There is absolutely nothing wrong with praying for others.  But by all means pray from a place of doubt and faith because no one truly knows how any other individual experiences their existence.  Don't pray from a place of dogmatic certainty.

According to scripture, God knows every hair on every head.  Yet we often forget to even notice when someone has had a haircut.  And all too often we flee from the scary responsibilty of individualized existence toward the safety of collective sameness.  And we coddle ourselves to feel secure in the insecurity of certainty.  Reaffirmation in the form of groupthink becomes a drug because the doubt that drives an individual faith scares us.  We need others to validate us, to keep us on track.  Then we want to hook new others because the more people we get on our side the more right it seems.  Eventually acts of individuality become dangerous, acts of rebellion, self-serving.  Evil?  Unity becomes a set of agreed upon rules.  A singularity of interpretation.  We are driven to believe out loud because speaking it makes it more real.  If everyone knows it, they'll hold us to it.  We inject our unintentional irony into the world around us.  We proclaim it all because we are not ashamed, yet in doing so we shame others for not doing the same.  The loudness is merely the worm on our hook, the "look at me and see true belief" lure of the collective.  Here, with us, is where you will find what you are looking for.  With us you will grow.  Please, please believe with us.  We will show you how to believe.

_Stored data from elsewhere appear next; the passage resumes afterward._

-- ===== src/Boot/Memory/Startup.antt =====
-- What the variables hold behind bootloader_startup, and behind the loops of boot.c.
use mathlib.Core.Path.{fun_ext}
use cvra_bootloader.Prelude.{
  ℕ, zero, suc, ◌+◌, ◌-◌, ◌≤◌, ◌<◌, ◌≡◌, ap, sym, ◌∙◌, Bool, true, false, ◌&&◌, some, arith, ltb,
  leb, if◌then◌else◌, dec_lt,
}
use cvra_bootloader.Boot.Memory.{
  Memory, put, Sections, clear, copy, copy_through, bootloader_startup, init_variables,
}

abbrev pub within : ℕ → ℕ → ℕ → Bool
within first end a = leb first a && ltb a end

abbrev cleared : ℕ → ℕ → Memory → Memory
cleared first end m a = if within first end a then 0 else m a

abbrev copied : ℕ → ℕ → ℕ → Memory → Memory
copied first end src m a = if within first end a then m (src + (a - first)) else m a

clear_lem :
    (fuel : ℕ) (m : Memory) (p end : ℕ)
    → end - p < fuel
    → clear fuel m p end ≡ some (cleared p end m)
unfolding clear
clear_lem zero m p end h = absurd (omega arith)
clear_lem (suc fuel) m p end h = elim (dec_lt p end) [
  | yes l ↦
      let more : ltb p end ≡ true = ground arith in
      rw more
        (clear_lem fuel (put m p 0) (p + 1) end (omega arith) ∙ ap some (fun_ext λ a. ground arith))
  | no g ↦
      let done : ltb p end ≡ false = ground arith in rw done (ap some (fun_ext λ a. ground arith))
]

copied_step :
    (m : Memory) (dst src end a : ℕ)
    → dst < end
    → src + (end - dst) ≤ dst
    → copied (dst + 1) end (src + 1) (put m dst (m src)) a ≡ copied dst end src m a
copied_step m dst src end a l below = elim (dec_lt dst a) [
  | yes behind ↦
      let e : src + 1 + (a - (dst + 1)) ≡ src + (a - dst) = omega arith in rw e (ground arith)
  | no before ↦ elim (dec_lt a dst) [
    | yes ahead ↦ ground arith
    | no level ↦
        let e : a ≡ dst = omega arith in
        let e' : src + (dst - dst) ≡ src = omega arith in rw (e, e') (ground arith)
  ]
]

copy_lem :
    (fuel : ℕ) (m : Memory) (dst src end : ℕ)
    → end - dst < fuel
    → src + (end - dst) ≤ dst
    → copy fuel m dst src end ≡ some (copied dst end src m)
unfolding copy
copy_lem zero m dst src end h below = absurd (omega arith)
copy_lem (suc fuel) m dst src end h below = elim (dec_lt dst end) [
  | yes l ↦
      let more : ltb dst end ≡ true = ground arith in
      rw more (
        copy_lem fuel (put m dst (m src)) (dst + 1) (src + 1) end (omega arith) (omega arith)
        ∙ ap some (fun_ext λ a. copied_step m dst src end a l below))
  | no g ↦
      let done : ltb dst end ≡ false = ground arith in rw done (ap some (fun_ext λ a. ground arith))
]

-- The loop with `<=` goes one word further.
copy_through_lem :
    (fuel : ℕ) (m : Memory) (dst src end : ℕ)
    → end + 1 - dst < fuel
    → src + (end + 1 - dst) ≤ dst
    → copy_through fuel m dst src end ≡ some (copied dst (end + 1) src m)
unfolding copy_through
copy_through_lem zero m dst src end h below = absurd (omega arith)
copy_through_lem (suc fuel) m dst src end h below = elim (dec_lt dst (end + 1)) [
  | yes l ↦
      let more : leb dst end ≡ true = ground arith in
      rw more (
        copy_through_lem fuel (put m dst (m src)) (dst + 1) (src + 1) end (omega arith)
          (omega arith)
        ∙ ap some (fun_ext λ a. copied_step m dst src (end + 1) a l below))
  | no g ↦
      let done : leb dst end ≡ false = ground arith in rw done (ap some (fun_ext λ a. ground arith))
]

-- As the linker scripts have it: .bss behind .data in RAM, and flash memory below RAM.
pub record IsLaidOut (s : Sections) : Type 0 where
  pub data_ends : s.sdata ≤ s.edata
  pub bss_follows : s.edata ≤ s.sbss
  pub bss_ends : s.sbss ≤ s.ebss
  pub flash_below : s.ldata + (s.edata + 1 - s.sdata) ≤ s.sdata

-- What the C language asks for: .data as in flash memory, .bss zero, and all else as before.
abbrev pub initialised : Sections → Memory → Memory
initialised s m a =
    if within s.sdata s.edata a
    then m (s.ldata + (a - s.sdata))
    else if within s.sbss s.ebss a
    then 0
    else m a

-- bootloader_startup gives the variables in .data their values from flash memory, sets those in .bss to
-- zero, and changes no other word. Its loops end: a round for each word of a section, and one more test,
-- are enough.
pub bootloader_startup_lem :
    (s : Sections) (m : Memory) (fuel : ℕ)
    → IsLaidOut s
    → s.edata - s.sdata < fuel
    → s.ebss - s.sbss < fuel
    → bootloader_startup fuel s m ≡ some (initialised s m)
unfolding bootloader_startup
bootloader_startup_lem s m fuel v h h' = rw (clear_lem fuel m s.sbss s.ebss h') (
    copy_lem fuel _ s.sdata s.ldata s.edata h (omega arith)
    ∙ ap some (fun_ext λ a. ground (arith, v)))

-- The loops of boot.c do the same as bootloader_startup, although its first one copies a word too many,
-- if .bss follows .data at once and is not empty, and if the values of .data stand at _etext.
pub init_variables-bootloader_startup :
    (s : Sections) (m : Memory) (fuel : ℕ)
    → IsLaidOut s
    → s.edata ≡ s.sbss
    → s.sbss < s.ebss
    → s.etext ≡ s.ldata
    → s.edata + 1 - s.sdata < fuel
    → s.ebss - s.sbss < fuel
    → init_variables fuel s m ≡ bootloader_startup fuel s m
unfolding init_variables
init_variables-bootloader_startup s m fuel v adjacent more same h h' =
    rw (copy_through_lem fuel m s.sdata s.etext s.edata h (omega arith)) (
      clear_lem fuel _ s.sbss s.ebss h'
      ∙ (ap some (fun_ext λ a. rw same (ground arith))
          ∙ sym (bootloader_startup_lem s m fuel v (omega arith) h')))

But maybe there is another way.  Maybe we can take the leap of faith into individual responsibility, refuse to judge our strength of belief by how well we fit into a group.  Avoid the insistence that our experience is valid for everyone.  Reject sameness and embrace the differences.  Authenticize the variety.  Take ownership of the only thing we rightfully can.  Our self.  Own the gift of life until we might have to choose to give it back.  Treat it as a precious commodity, a creative tool to be individualized.  An existence where rules need not be written or spoken for they are communicated by simply being.  An individual serving other individuals where a group, a collective is simply a certain number of individuals in close proximity.  Just a bunch of fellow travellers.  And it doesn't matter where everyone else is going or if we all have the same destination.  It just matters that we're all moving along the journey.  Bid wellness and comfort along the way, be ready to help as needed, or even walk side by side for a little while.  Ultimately there will be forks in the road that are only meant for one.  There may we all embrace the doubt of not knowing where it leads, and summon the faith-filled courage to keep going forward in lovely solitude.